The Indian novelist recalls an extraordinary encounter in a Moscow hotel 
with the NSA whistleblower

Arundhati Roy with Edward Snowden and John Cusack
Arundhati Roy with Edward Snowden and John Cusack. Photograph: Ole Von Vexhul
The Moscow Un-Summit wasn’t a formal interview. Nor was it a cloak-and-dagger underground rendezvous. The upshot is that John Cusack, Daniel Ellsberg (who leaked the Pentagon Papers during the Vietnam war) and I didn’t get the cautious, diplomatic, regulation Edward Snowden. The downshot (that isn’t a word, I know) is that the jokes, the humour and repartee that took place in Room 1001 cannot be reproduced. The Un-Summit cannot be written about in the detail that it deserves. Yet it definitely cannot not be written about. Because it did happen. And because the world is a millipede that inches forward on millions of real conversations. And this, certainly, was a real one.
What mattered, perhaps even more than what was said, was the spirit in the room. There was Edward Snowden who, after 9/11, was in his own words “straight up singing highly of Bush” and signing up for the Iraq war. And there were those of us who, after 9/11, had been straight up doing exactly the opposite. It was a little late for this conversation, of course. Iraq has been all but destroyed. And now the map of what is so condescendingly called the “Middle East” is being brutally redrawn (yet again). But still, there we were, all of us, talking to each other in a bizarre hotel in Russia. Bizarre it certainly was.

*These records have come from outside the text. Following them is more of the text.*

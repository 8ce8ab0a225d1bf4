-- ===== src/Consumer/Requests.antt =====
-- What the requests of the event consumer do to the two services, over any network (services/
-- event-consumer/src/event_consumer/context_client.py and provenance_client.py).
use control_architecture.Base.{
  ℕ, String, Option, none, some, List, ◌≡◌, refl, arith, Result, ok, err, if_case, suc,
}
use control_architecture.Contracts.Http.{HttpError}
use control_architecture.Contracts.Envelopes.{Time, ProvenanceSeed}
use control_architecture.Contracts.Events.{TaskLifecycleOutboxEvent, TaskLifecycleTransition}
use control_architecture.Context.Api.{Response, post_claim, post_complete, post_fail}
use control_architecture.Provenance.Models.{
  ProvenanceDatabase, TaskStateTransition, TaskStateTransitionCreateRequest,
}
use control_architecture.Provenance.Repository.{ProvenanceFault, add_state_transition}
use control_architecture.Provenance.Calls.{Operation, step}
use control_architecture.Provenance.Api.{
  answer, no_provenance, history_entry, post_task_provenance, create_state_transition,
}
use control_architecture.Consumer.Network.{
  World, handle_claim, handle_complete, handle_fail, handle_provenance, handle_transition, respond,
  no_content, Network, Delivery, exchange, request, transition_request, claim_events,
  complete_event, fail_event, ensure_task_provenance, append_state_transition,
}
use control_architecture.Consumer.Consistent.{
  IsRecorded, IsConsistent, provenance-IsConsistent, claim-IsConsistent, complete-IsConsistent,
  fail-IsConsistent, transition-IsRecorded,
}

abbrev pub Inv : World → Type 0
Inv w = IsConsistent w.context w.provenance

-- A handler keeps the invariant, so a request of it does, whatever the network does.
exchange_keeps :
    {A : Type 0} (x : Delivery) (m : String) (handler : World → Result HttpError A × World)
    → ((w : World) → Inv w → Inv (handler w).1)
    → (w : World) → Inv w
    → Inv (exchange x m handler w).1
exchange_keeps Delivery.delivered m handler k w h = k w h
exchange_keeps Delivery.lost_request m handler k w h = h
exchange_keeps Delivery.lost_response m handler k w h = k w h

respond_ok :
    {A : Type 0} (m : String) (r : Result HttpError A) (a : A) → respond m r ≡ ok a → r ≡ ok a
respond_ok m (ok b) a h = ground (arith, h)
respond_ok m (err e) a h = cc

exchange_keeps_at :
    {A : Type 0} (x : Delivery) (m : String) (handler : World → Result HttpError A × World)
    (w : World)
    → Inv w
    → Inv (handler w).1
    → Inv (exchange x m handler w).1
exchange_keeps_at Delivery.delivered m handler w h k = k
exchange_keeps_at Delivery.lost_request m handler w h k = h
exchange_keeps_at Delivery.lost_response m handler w h k = k

-- A request whose answer the client saw was handled.
exchange_ok :
    {A : Type 0} (x : Delivery) (m : String) (handler : World → Result HttpError A × World)
    (w : World) (a : A)
    → (exchange x m handler w).0 ≡ ok a
    → ((handler w).0 ≡ ok a) × ((exchange x m handler w).1 ≡ (handler w).1)
exchange_ok Delivery.delivered m handler w a h = (respond_ok m (handler w).0 a h, refl)
exchange_ok Delivery.lost_request m handler w a h = cc
exchange_ok Delivery.lost_response m handler w a h = cc

-- An endpoint that answered has recorded the transition.
answer-IsRecorded :
    (now : Time) (id s : String) (p : TaskStateTransitionCreateRequest) (d : ProvenanceDatabase)
    (r : Result ProvenanceFault (Option TaskStateTransition))
    → p.source_event_id ≡ some s
    → (add_state_transition now id p d).0 ≡ r
    → no_content (answer (no_provenance id) history_entry r) ≡ ok tt
    → IsRecorded (add_state_transition now id p d).1 s
answer-IsRecorded now id s p d (ok (some t)) src e h = transition-IsRecorded now id s p d t src e
answer-IsRecorded now id s p d (ok none) src e h = cc
answer-IsRecorded now id s p d (err x) src e h = cc

module _ (n : Network) where
  request_keeps :
      {A : Type 0} (m : String) (handler : Time → World → Result HttpError A × World)
      → ((now : Time) (w : World) → Inv w → Inv (handler now w).1)
      → (w : World) → Inv w
      → Inv (request n m handler w).1
  unfolding request
  request_keeps m handler k w h =
      exchange_keeps (n.delivery w.requests) m (handler (n.clock w.requests))
        (k (n.clock w.requests)) _ h

  pub claim_keeps : (limit lease : ℕ) (w : World) → Inv w → Inv (claim_events n limit lease w).1
  unfolding claim_events post_claim
  claim_keeps limit lease = request_keeps _ (handle_claim limit lease) λ now w h.
      if_case (λ (out : Response (List TaskLifecycleOutboxEvent)). IsConsistent out.1 w.provenance)
        _ (claim-IsConsistent w.provenance now limit lease w.context h) h

  -- A completion keeps the invariant where the event was recorded.
  pub complete_keeps :
      (id : String) (w : World) → Inv w → IsRecorded w.provenance id → Inv (complete_event n id w).1
  unfolding complete_event request post_complete
  complete_keeps id w h r =
      exchange_keeps_at (n.delivery w.requests) _ (handle_complete id (n.clock w.requests)) _ h
        (complete-IsConsistent w.provenance (n.clock w.requests) id w.context r h)

  pub fail_keeps : (id message : String) (w : World) → Inv w → Inv (fail_event n id message w).1
  unfolding fail_event post_fail
  fail_keeps id message =
      request_keeps _ (handle_fail id message)
        λ now w h. fail-IsConsistent w.provenance now id message w.context h

  pub provenance_keeps :
      (id : String) (p : ProvenanceSeed) (w : World)
      → Inv w
      → Inv (ensure_task_provenance n id p w).1
  unfolding ensure_task_provenance post_task_provenance step
  provenance_keeps id p =
      request_keeps _ (handle_provenance id p)
        λ now w h. provenance-IsConsistent (Operation.create now id p) w.context w.provenance h

  pub transition_keeps :
      (id : String) (t : TaskLifecycleTransition) (s : String) (w : World)
      → Inv w
      → Inv (append_state_transition n id t s w).1
  unfolding append_state_transition create_state_transition step
  transition_keeps id t s = request_keeps _ (handle_transition id t s) λ now w h.
      provenance-IsConsistent (Operation.transition now id (transition_request t s)) w.context
        w.provenance h

  -- A transition that the client saw answered is recorded.
  pub append-IsRecorded :
      (id : String) (t : TaskLifecycleTransition) (s : String) (w : World)
      → (append_state_transition n id t s w).0 ≡ ok tt
      → IsRecorded (append_state_transition n id t s w).1.provenance s
  unfolding append_state_transition request create_state_transition
  append-IsRecorded id t s w h =
      let now = n.clock w.requests in
      let (served, same) =
        exchange_ok (n.delivery w.requests) _ (handle_transition id t s now)
          (record w { requests = suc w.requests }) tt h in
      rw same (answer-IsRecorded now id s (transition_request t s) w.provenance _ refl refl served)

The opulent lobby of the Moscow Ritz-Carlton was teeming with drunk millionaires, high on new money, and gorgeous, high-stepping young women, half peasant, half supermodel, draped on the arms of toady men – gazelles on their way to fame and fortune, paying their dues to the satyrs who would get them there. In the corridors, you passed serious fistfights, loud singing and quiet, liveried waiters wheeling trolleys with towers of food and silverware in and out of rooms. In Room 1001 we were so close to the Kremlin that if you put your hand out of the window, you could almost touch it. It was snowing outside. We were deep into the Russian winter – never credited enough for its part in the second world war. Edward Snowden was much smaller than I thought he’d be. Small, lithe, neat, like a house cat. He greeted Dan ecstatically and us warmly. “I know why you’re here,” he said to me, smiling. “Why?” “To radicalise me.” I laughed.
We settled down on various perches, stools, chairs and John’s bed. Dan and Ed were so pleased to meet each other, and had so much to say to each other, that it felt a little impolite to intrude on them. At times they broke into some kind of arcane code language: “I jumped from nobody on the street, straight to TSSCI.” “No, because, again, this isn’t DS at all, this is NSA. At CIA, it’s called COMO.” “It’s kind of a similar role, but is it under support?” “PRISEC or PRIVAC?” “They start out with the TALENT KEYHOLE thing. Everyone then gets read into TS, SI, TK, and GAMMA-G clearance... Nobody knows what it is…”
It took a while before I felt it was all right to interrupt them. Snowden’s disarming answer to my question about being photographed cradling the American flag was to roll his eyes and say: “Oh, man. I don’t know. Somebody handed me a flag, they took a picture.” And when I asked him why he signed up for the Iraq war, when millions of people all over the world were marching against it, he replied, equally disarmingly: “I fell for the propaganda.”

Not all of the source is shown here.